Key Points
One section of the Voting Rights Act (VRA) required certain local governments “to obtain federal permission before enacting any law related to voting,” a system known as preclearance. In 2013, the Supreme Court in Shelby County v. Holder held that the preclearance structure, as written, was unconstitutional but invited Congress to create a new preclearance system that “speaks to current conditions.”
Efforts remain to revise the VRA’s coverage formula. But recent proposals—like implementing a practice-based preclearance regime or a preclearance formula that considers a quarter-century’s worth of potential misconduct—would likely not pass constitutional muster.

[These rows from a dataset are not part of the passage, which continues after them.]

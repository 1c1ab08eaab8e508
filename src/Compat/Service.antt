-- ===== src/Compat/Service.antt =====
-- crust/src/compat/service.rs: the commands that the event loop runs on its state, and the tasks that
-- they spawn. What a task's future resolves to is an argument of the task's step; a task whose drop
-- notice has fired is marked, and may end without a trace.
pub mod Runs
pub mod Refines
pub mod Announced
pub mod Handles
pub mod Faults
pub mod Updated
use crust_futures.Base.{
  ℕ, suc, List, [], ◌∷◌, ◌++◌, Option, none, some, Bool, true, false, ◌&&◌, Result, ok, err, ◌>>=◌,
  if◌then◌else◌, ◌==◌, same, any,
}
use crust_futures.Addr.{IpAddr, IpAddr-discrete, SocketAddr, CrustUser, Uid}
use crust_futures.Net.{IoError}
use crust_futures.Config.{ConfigSettings}
use crust_futures.ConnectionInfo.{PrivConnectionInfo}
use crust_futures.Compat.Event.{
  Event, bootstrap_accept, bootstrap_connect, bootstrap_failed, listener_started,
  connection_info_prepared, connect_success, connect_failure,
}
use crust_futures.Compat.Map
use crust_futures.Compat.Map.{SendError}

pub data Job (U : Type 0) : Type 0 where
  -- Accepting bootstrapping peers; bootstrapping, without some addresses, over the local network or
  -- not, as a kind of user.
  accepting : Job U
  bootstrapping : List SocketAddr → Bool → CrustUser → Job U
  -- Starting a listener, and holding the one that listens on a port.
  starting : Job U
  listening : ℕ → Job U
  preparing : ℕ → Job U
  connecting : U → Job U

pub record Task (U : Type 0) : Type 0 where
  pub id : ℕ
  pub job : Job U
  pub notified : Bool

-- The state of the event loop. A `DropNotify` is the number of its task; a service discovery is the
-- port that it answers on.
pub record ServiceState (U B : Type 0) : Type 0 where
  pub cm : Map.State U B
  pub bootstrap_acceptor : Option ℕ
  pub bootstrap_connect : Option ℕ
  pub tcp_listener : Option ℕ
  pub service_discovery : Option ℕ
  pub service_discovery_enabled : Bool
  pub tasks : List (Task U)
  pub next_task : ℕ

module _ {U : Type 0} where
  -- A task is told that its `DropNotify` is gone.
  unfoldable pub notify : ℕ → List (Task U) → List (Task U)
  notify n [] = []
  notify n (t ∷ ts) = (if t.id == n then record t { notified = true } else t) ∷ notify n ts

  unfoldable pub drop_notify : Option ℕ → List (Task U) → List (Task U)
  unfolding notify
  drop_notify none ts = ts
  drop_notify (some n) ts = notify n ts

  pub end_task : ℕ → List (Task U) → List (Task U)
  end_task n [] = []
  end_task n (t ∷ ts) = if t.id == n then end_task n ts else t ∷ end_task n ts

  pub set_job : ℕ → Job U → List (Task U) → List (Task U)
  set_job n job [] = []
  set_job n job (t ∷ ts) = (if t.id == n then record t { job = job } else t) ∷ set_job n job ts

  -- `ServiceState::new`.
  unfoldable pub new : {B : Type 0} → Uid U → ServiceState U B
  new uids = record {
    cm = Map.new uids;
    bootstrap_acceptor = none;
    bootstrap_connect = none;
    tcp_listener = none;
    service_discovery = none;
    service_discovery_enabled = false;
    tasks = [];
    next_task = 0;
  }

module _ {U B : Type 0} where
  -- `event_tx.send`, on the channel that the connection map sends on too.
  pub send_event : Event U B → ServiceState U B → ServiceState U B
  send_event e s = record s { cm = record (s.cm) { events = s.cm.events ++ e ∷ [] } }

  unfoldable pub spawn : Job U → ServiceState U B → ServiceState U B
  spawn job s = record s {
    tasks = record { id = s.next_task; job = job; notified = false } ∷ s.tasks;
    next_task = suc s.next_task;
  }

  pub start_service_discovery : ServiceState U B → ServiceState U B
  start_service_discovery s = record s { service_discovery_enabled = true }

  -- `started` is what starting the server gives: the port that it has, or an error, which is logged.
  pub set_service_discovery_listen : Bool → Result IoError ℕ → ServiceState U B → ServiceState U B
  set_service_discovery_listen false started s = record s { service_discovery = none }
  set_service_discovery_listen true (ok port) s = record s { service_discovery = some port }
  set_service_discovery_listen true (err e) s = s

  pub accept_on : Option ℕ → ServiceState U B → ServiceState U B
  unfolding spawn
  accept_on (some n) s = s
  accept_on none s = record (spawn accepting s) { bootstrap_acceptor = some s.next_task }

  pub set_accept_bootstrap : Bool → ServiceState U B → ServiceState U B
  unfolding accept_on drop_notify
  set_accept_bootstrap true s = accept_on s.bootstrap_acceptor s
  set_accept_bootstrap false s = record s {
    bootstrap_acceptor = none;
    tasks = drop_notify s.bootstrap_acceptor s.tasks;
  }

  -- The new task's `DropNotify` takes the place of the old one, which is dropped.
  pub start_bootstrap : List SocketAddr → CrustUser → ServiceState U B → ServiceState U B
  unfolding spawn drop_notify
  start_bootstrap blacklist crust_user s =
      let s' = record s { tasks = drop_notify s.bootstrap_connect s.tasks } in
      record (spawn (bootstrapping blacklist s.service_discovery_enabled crust_user) s') {
        bootstrap_connect = some s.next_task;
      }

  pub stop_bootstrap : ServiceState U B → ServiceState U B
  unfolding drop_notify
  stop_bootstrap s = record s {
    bootstrap_connect = none;
    tasks = drop_notify s.bootstrap_connect s.tasks;
  }

  unfoldable pub listen_on : Option ℕ → ServiceState U B → ServiceState U B
  unfolding spawn
  listen_on (some n) s = s
  listen_on none s = record (spawn starting s) { tcp_listener = some s.next_task }

  unfoldable pub start_listening_tcp : ServiceState U B → ServiceState U B
  unfolding listen_on
  start_listening_tcp s = listen_on s.tcp_listener s

  unfoldable pub stop_tcp_listener : ServiceState U B → ServiceState U B
  unfolding drop_notify
  stop_tcp_listener s = record s { tcp_listener = none; tasks = drop_notify s.tcp_listener s.tasks }

  pub prepare_connection_info : ℕ → ServiceState U B → ServiceState U B
  unfolding spawn
  prepare_connection_info result_token s = spawn (preparing result_token) s

  unfoldable pub connect : U → ServiceState U B → ServiceState U B
  unfolding spawn
  connect their_uid s = spawn (connecting their_uid) s

  -- The futures that the tasks of a listener and of connection info resolve to.
  pub listener_started_step : ℕ → Result IoError ℕ → ServiceState U B → ServiceState U B
  unfolding send_event set_job end_task
  listener_started_step n (ok port) s =
      send_event (listener_started port) (record s { tasks = set_job n (listening port) s.tasks })
  listener_started_step n (err e) s = record s { tasks = end_task n s.tasks }

  pub prepared_step :
      ℕ → ℕ → Result IoError (PrivConnectionInfo U) → ServiceState U B → ServiceState U B
  unfolding send_event end_task
  prepared_step n result_token result s =
      send_event
        (connection_info_prepared (record { result_token = result_token; result = result }))
        (record s { tasks = end_task n s.tasks })

module _ {U B : Type 0} (uids : Uid U) where
  -- `cm.insert_peer`.
  insert : U → CrustUser → SocketAddr → ServiceState U B → ServiceState U B × Bool
  unfolding Map.insert_peer
  insert uid kind addr s =
      let (cm', done) = Map.insert_peer uids uid kind addr s.cm in (record s { cm = cm' }, done)

module _ {U B E : Type 0} (uids : Uid U) where
  -- A peer has bootstrapped to us; without an address it is dropped.
  pub accepted_step : U → CrustUser → Result E SocketAddr → ServiceState U B → ServiceState U B
  unfolding insert send_event
  accepted_step uid kind (err e) s = s
  accepted_step uid kind (ok addr) s =
      let (s', done) = insert uids uid kind addr s in
      if done then send_event (bootstrap_accept uid kind) s' else s'

  -- The end of a bootstrap: a peer, with or without an address, or an error.
  bootstrap_end :
      Result E (U × CrustUser × Result E SocketAddr) → ServiceState U B → ServiceState U B
  unfolding insert send_event
  bootstrap_end (err e) s = send_event bootstrap_failed s
  bootstrap_end (ok (uid, kind, err e)) s = send_event bootstrap_failed s
  bootstrap_end (ok (uid, kind, ok addr)) s =
      send_event (bootstrap_connect uid addr) (insert uids uid kind addr s).0

  pub bootstrapped_step :
      ℕ → Result E (U × CrustUser × Result E SocketAddr) → ServiceState U B → ServiceState U B
  unfolding bootstrap_end end_task
  bootstrapped_step n res s = bootstrap_end res (record s { tasks = end_task n s.tasks })

  -- The end of `connect` to the peer `uid`, whose uid the new peer has.
  connect_end : U → Result E (CrustUser × Result E SocketAddr) → ServiceState U B → ServiceState U B
  unfolding insert send_event
  connect_end uid (err e) s = send_event (connect_failure uid) s
  connect_end uid (ok (kind, err e)) s = send_event (connect_failure uid) s
  connect_end uid (ok (kind, ok addr)) s =
      send_event (connect_success uid) (insert uids uid kind addr s).0

  pub connected_step :
      ℕ → U → Result E (CrustUser × Result E SocketAddr) → ServiceState U B → ServiceState U B
  unfolding connect_end end_task
  connected_step n uid res s = connect_end uid res (record s { tasks = end_task n s.tasks })

abbrev or_empty : Option (List IpAddr) → List IpAddr
or_empty none = []
or_empty (some ips) = ips

hard_coded : ConfigSettings → Result SendError SocketAddr → Bool
hard_coded c (ok peer_addr) =
    any (λ addr. same IpAddr-discrete addr.ip peer_addr.ip) c.hard_coded_contacts
hard_coded c (err e) = false

module _ {U B : Type 0} (uids : Uid U) where
  -- What the task that watches the configuration does at a notice, with the white lists of clients
  -- and of nodes.
  unfoldable pub filter_peers :
      Option (List IpAddr) → Option (List IpAddr) → Map.State U B → Map.State U B
  unfolding Map.whitelist_filter
  filter_peers none none cm = cm
  filter_peers client_ips node_ips cm =
      Map.whitelist_filter uids (or_empty client_ips) (or_empty node_ips) cm

  unfoldable pub config_updated : ConfigSettings → ServiceState U B → ServiceState U B
  unfolding filter_peers
  config_updated c s = record s {
    cm = filter_peers c.whitelisted_client_ips c.whitelisted_node_ips s.cm;
  }

  pub get_peer_socket_addr : U → ServiceState U B → Result SendError SocketAddr
  unfolding Map.peer_addr
  get_peer_socket_addr peer_uid s = Map.peer_addr uids peer_uid s.cm

  pub get_peer_ip_addr : U → ServiceState U B → Result SendError IpAddr
  unfolding get_peer_socket_addr
  get_peer_ip_addr peer_uid s = get_peer_socket_addr peer_uid s >>= λ a. ok a.ip

  pub is_peer_hard_coded : ConfigSettings → U → ServiceState U B → Bool
  unfolding hard_coded
  is_peer_hard_coded c peer_uid s = hard_coded c (Map.peer_addr uids peer_uid s.cm)

  pub disconnect : U → ServiceState U B → ServiceState U B × Bool
  unfolding Map.remove
  disconnect peer_uid s =
      let (cm', there) = Map.remove uids peer_uid s.cm in (record s { cm = cm' }, there)

  pub send :
      (ℕ → Bool) → U → B → ℕ → ServiceState U B → ServiceState U B × Result SendError (Unit {0})
  unfolding Map.send
  send accepts peer_uid msg priority s =
      let (cm', r) = Map.send uids accepts peer_uid msg priority s.cm in (record s { cm = cm' }, r)

  pub is_connected : U → ServiceState U B → Bool
  is_connected peer_uid s = Map.contains_peer uids peer_uid s.cm

  -- `Drop for ServiceState`.
  pub drop : ServiceState U B → ServiceState U B
  unfolding Map.clear
  drop s = record s { cm = Map.clear uids s.cm }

If Congress wishes to properly update the VRA’s preclearance formula, it should avoid the pitfalls of recent attempts and consider a narrow formula that recognizes the limits set by Shelby County and the benefits of largely decentralized elections.
INTRODUCTION
Following the “Bloody Sunday” attack on peaceful protestors in Selma, Alabama, Congress passed the Voting Rights Act of 1965, which “employed extraordinary measures” to combat the “extraordinary problem” of voting discrimination.
One section of the law required certain local governments “to obtain federal permission before enacting any law related to voting,” a regime known as preclearance. In 2013, the Supreme Court in Shelby County v. Holder held that the preclearance regime, as written, was unconstitutional but invited Congress to create a new preclearance system that “speaks to current conditions.”
So far, Congress has been unable to update the stricken preclearance formula. In future efforts, lawmakers should create a new preclearance framework that acknowledges the limits set by Shelby County and the virtues of largely decentralized elections.